*What is needed*
For the entries that follow, restate word for word the line containing "repository 54a868a0f5dd281e", the line containing "let (epk, esk, paired, size)", and every line that lies between them.

*Stored data*
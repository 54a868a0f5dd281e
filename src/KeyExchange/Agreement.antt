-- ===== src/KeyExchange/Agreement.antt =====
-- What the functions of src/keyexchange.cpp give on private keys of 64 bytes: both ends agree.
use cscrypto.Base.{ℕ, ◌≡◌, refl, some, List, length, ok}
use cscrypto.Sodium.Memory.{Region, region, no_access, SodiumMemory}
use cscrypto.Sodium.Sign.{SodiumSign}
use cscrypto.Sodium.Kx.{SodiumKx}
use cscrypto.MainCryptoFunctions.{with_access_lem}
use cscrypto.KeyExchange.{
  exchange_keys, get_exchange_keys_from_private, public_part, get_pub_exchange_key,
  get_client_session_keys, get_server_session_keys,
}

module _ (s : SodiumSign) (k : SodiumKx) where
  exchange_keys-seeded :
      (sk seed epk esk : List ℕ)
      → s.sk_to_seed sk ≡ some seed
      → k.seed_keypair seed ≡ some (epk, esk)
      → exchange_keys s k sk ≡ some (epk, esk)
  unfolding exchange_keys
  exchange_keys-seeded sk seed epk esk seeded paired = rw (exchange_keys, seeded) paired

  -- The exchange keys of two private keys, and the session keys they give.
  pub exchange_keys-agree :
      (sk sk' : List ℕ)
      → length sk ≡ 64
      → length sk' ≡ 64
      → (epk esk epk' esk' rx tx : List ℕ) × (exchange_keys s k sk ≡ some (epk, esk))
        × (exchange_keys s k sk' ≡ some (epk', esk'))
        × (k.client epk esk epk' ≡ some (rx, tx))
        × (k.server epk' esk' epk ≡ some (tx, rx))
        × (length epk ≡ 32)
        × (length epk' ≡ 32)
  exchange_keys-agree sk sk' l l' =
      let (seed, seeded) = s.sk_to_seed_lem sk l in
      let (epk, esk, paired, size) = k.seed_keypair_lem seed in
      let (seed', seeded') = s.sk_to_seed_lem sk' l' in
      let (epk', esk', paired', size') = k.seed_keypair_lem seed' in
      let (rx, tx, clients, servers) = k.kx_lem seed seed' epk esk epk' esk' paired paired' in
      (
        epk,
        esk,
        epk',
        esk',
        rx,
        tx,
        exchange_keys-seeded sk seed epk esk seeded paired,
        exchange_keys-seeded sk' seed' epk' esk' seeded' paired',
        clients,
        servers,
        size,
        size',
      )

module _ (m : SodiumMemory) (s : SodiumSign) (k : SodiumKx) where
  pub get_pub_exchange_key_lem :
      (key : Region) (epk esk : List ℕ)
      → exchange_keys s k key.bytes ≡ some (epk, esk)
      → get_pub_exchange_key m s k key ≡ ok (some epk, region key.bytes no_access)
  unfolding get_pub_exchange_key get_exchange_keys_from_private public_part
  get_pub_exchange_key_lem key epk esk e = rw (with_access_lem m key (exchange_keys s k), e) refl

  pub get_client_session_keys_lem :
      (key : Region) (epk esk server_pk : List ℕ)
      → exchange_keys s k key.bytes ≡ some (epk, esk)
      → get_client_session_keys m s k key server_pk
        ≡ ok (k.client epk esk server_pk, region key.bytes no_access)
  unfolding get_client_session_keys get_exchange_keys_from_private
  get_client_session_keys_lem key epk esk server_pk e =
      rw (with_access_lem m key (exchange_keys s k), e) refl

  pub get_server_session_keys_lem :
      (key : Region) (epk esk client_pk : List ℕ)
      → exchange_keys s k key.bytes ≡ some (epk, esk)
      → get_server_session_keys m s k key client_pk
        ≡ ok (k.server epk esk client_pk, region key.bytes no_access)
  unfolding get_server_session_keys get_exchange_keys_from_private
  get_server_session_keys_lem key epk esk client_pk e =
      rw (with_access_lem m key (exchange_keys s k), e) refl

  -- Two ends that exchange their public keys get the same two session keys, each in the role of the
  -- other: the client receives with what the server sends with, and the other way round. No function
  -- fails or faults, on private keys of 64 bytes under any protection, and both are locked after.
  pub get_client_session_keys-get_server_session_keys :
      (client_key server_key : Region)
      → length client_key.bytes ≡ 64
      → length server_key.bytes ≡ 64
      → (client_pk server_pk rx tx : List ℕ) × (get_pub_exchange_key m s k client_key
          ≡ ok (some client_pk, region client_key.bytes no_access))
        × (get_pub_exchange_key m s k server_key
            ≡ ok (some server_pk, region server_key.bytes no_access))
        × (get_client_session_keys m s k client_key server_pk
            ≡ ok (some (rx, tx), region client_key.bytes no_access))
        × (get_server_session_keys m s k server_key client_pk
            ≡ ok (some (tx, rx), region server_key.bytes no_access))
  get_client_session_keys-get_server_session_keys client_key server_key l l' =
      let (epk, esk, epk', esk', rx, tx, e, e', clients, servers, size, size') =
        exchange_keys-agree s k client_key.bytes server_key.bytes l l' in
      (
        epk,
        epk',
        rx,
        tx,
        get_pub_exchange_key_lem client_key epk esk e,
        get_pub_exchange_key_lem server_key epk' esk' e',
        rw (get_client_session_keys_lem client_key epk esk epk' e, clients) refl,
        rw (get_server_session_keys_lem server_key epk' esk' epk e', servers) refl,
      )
---
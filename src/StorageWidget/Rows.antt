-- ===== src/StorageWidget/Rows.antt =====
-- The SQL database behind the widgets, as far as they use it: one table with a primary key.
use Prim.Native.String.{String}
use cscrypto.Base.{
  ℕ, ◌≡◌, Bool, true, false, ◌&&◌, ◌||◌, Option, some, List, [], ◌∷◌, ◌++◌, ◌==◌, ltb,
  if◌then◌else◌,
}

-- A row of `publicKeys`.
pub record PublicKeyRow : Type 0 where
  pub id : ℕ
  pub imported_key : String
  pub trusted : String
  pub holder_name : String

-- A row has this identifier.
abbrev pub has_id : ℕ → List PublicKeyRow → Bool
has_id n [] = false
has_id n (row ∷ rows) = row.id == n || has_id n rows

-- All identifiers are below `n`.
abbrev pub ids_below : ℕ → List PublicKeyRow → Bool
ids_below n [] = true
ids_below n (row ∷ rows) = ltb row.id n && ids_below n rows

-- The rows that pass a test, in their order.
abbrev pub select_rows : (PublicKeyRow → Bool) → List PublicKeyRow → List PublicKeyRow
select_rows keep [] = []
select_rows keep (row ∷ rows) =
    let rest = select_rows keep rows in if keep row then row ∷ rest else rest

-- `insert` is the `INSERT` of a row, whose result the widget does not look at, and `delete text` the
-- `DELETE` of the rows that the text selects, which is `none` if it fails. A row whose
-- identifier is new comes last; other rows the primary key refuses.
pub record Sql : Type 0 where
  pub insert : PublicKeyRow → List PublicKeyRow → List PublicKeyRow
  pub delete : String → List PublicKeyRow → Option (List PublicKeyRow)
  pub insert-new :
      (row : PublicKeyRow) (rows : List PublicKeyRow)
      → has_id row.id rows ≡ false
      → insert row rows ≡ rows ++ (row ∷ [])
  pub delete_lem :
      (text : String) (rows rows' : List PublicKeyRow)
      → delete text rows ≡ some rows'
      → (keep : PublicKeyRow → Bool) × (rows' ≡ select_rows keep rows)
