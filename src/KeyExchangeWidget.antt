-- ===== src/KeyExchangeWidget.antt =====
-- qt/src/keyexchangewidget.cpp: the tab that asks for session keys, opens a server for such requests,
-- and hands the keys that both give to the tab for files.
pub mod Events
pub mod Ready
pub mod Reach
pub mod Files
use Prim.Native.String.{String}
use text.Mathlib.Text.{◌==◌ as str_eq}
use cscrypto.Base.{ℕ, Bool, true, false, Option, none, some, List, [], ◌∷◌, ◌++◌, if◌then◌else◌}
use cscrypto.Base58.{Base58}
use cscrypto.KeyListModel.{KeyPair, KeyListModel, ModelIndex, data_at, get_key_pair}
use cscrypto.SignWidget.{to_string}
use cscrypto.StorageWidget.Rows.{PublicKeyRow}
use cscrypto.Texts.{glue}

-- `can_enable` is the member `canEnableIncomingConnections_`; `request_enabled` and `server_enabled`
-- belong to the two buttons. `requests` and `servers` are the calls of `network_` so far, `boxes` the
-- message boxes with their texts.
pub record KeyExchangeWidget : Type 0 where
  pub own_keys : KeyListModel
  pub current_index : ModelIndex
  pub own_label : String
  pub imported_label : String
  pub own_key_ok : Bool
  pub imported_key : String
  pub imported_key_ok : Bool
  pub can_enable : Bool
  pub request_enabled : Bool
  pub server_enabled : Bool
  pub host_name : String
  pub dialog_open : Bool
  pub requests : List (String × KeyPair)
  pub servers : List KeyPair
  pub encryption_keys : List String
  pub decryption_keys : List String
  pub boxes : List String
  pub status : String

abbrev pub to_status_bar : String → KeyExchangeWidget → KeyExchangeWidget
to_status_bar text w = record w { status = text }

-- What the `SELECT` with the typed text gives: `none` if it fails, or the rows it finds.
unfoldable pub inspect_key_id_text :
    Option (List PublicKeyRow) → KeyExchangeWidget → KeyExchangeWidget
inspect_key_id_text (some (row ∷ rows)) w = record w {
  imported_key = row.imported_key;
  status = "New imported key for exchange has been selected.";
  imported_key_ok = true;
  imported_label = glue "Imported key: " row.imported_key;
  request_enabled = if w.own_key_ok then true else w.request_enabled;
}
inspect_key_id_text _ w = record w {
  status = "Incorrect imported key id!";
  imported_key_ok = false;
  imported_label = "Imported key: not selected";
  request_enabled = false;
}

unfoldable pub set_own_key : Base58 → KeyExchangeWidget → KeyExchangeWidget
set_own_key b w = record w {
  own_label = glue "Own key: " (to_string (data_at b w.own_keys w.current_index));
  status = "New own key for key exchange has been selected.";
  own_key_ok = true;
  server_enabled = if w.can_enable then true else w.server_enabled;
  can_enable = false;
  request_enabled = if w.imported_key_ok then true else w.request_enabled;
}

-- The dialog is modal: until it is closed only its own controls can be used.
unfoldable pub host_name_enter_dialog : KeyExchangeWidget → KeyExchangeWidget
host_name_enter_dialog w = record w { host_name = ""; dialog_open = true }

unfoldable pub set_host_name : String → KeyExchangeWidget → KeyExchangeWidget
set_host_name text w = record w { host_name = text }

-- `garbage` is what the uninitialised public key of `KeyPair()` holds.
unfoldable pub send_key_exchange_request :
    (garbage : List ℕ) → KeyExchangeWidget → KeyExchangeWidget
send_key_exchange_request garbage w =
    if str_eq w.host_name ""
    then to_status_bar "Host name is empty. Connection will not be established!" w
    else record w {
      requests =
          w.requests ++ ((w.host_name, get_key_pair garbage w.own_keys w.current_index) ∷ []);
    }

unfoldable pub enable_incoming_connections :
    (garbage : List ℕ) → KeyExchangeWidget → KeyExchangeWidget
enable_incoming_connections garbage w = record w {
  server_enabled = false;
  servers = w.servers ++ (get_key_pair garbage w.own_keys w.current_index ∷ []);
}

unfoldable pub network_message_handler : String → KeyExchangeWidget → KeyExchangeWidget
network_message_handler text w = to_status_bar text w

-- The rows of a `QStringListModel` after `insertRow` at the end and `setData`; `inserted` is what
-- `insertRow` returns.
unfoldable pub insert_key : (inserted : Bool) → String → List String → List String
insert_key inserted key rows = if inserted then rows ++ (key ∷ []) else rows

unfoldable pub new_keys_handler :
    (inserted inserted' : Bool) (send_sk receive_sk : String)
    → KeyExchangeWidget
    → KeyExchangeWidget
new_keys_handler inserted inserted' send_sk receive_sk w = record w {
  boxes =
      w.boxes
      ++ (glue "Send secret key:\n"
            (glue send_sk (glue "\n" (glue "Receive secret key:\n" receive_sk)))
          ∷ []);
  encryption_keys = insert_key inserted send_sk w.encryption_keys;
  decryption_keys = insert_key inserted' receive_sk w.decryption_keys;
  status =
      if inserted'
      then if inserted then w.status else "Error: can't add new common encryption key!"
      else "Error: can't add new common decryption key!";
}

*Answer to the problem*
repository 54a868a0f5dd281e
filename src/KeyExchange/Agreement.antt
-- ===== src/KeyExchange/Agreement.antt =====
-- What the functions of src/keyexchange.cpp give on private keys of 64 bytes: both ends agree.
use cscrypto.Base.{ℕ, ◌≡◌, refl, some, List, length, ok}
use cscrypto.Sodium.Memory.{Region, region, no_access, SodiumMemory}
use cscrypto.Sodium.Sign.{SodiumSign}
use cscrypto.Sodium.Kx.{SodiumKx}
use cscrypto.MainCryptoFunctions.{with_access_lem}
use cscrypto.KeyExchange.{
  exchange_keys, get_exchange_keys_from_private, public_part, get_pub_exchange_key,
  get_client_session_keys, get_server_session_keys,
}

module _ (s : SodiumSign) (k : SodiumKx) where
  exchange_keys-seeded :
      (sk seed epk esk : List ℕ)
      → s.sk_to_seed sk ≡ some seed
      → k.seed_keypair seed ≡ some (epk, esk)
      → exchange_keys s k sk ≡ some (epk, esk)
  unfolding exchange_keys
  exchange_keys-seeded sk seed epk esk seeded paired = rw (exchange_keys, seeded) paired

  -- The exchange keys of two private keys, and the session keys they give.
  pub exchange_keys-agree :
      (sk sk' : List ℕ)
      → length sk ≡ 64
      → length sk' ≡ 64
      → (epk esk epk' esk' rx tx : List ℕ) × (exchange_keys s k sk ≡ some (epk, esk))
        × (exchange_keys s k sk' ≡ some (epk', esk'))
        × (k.client epk esk epk' ≡ some (rx, tx))
        × (k.server epk' esk' epk ≡ some (tx, rx))
        × (length epk ≡ 32)
        × (length epk' ≡ 32)
  exchange_keys-agree sk sk' l l' =
      let (seed, seeded) = s.sk_to_seed_lem sk l in
      let (epk, esk, paired, size) = k.seed_keypair_lem seed in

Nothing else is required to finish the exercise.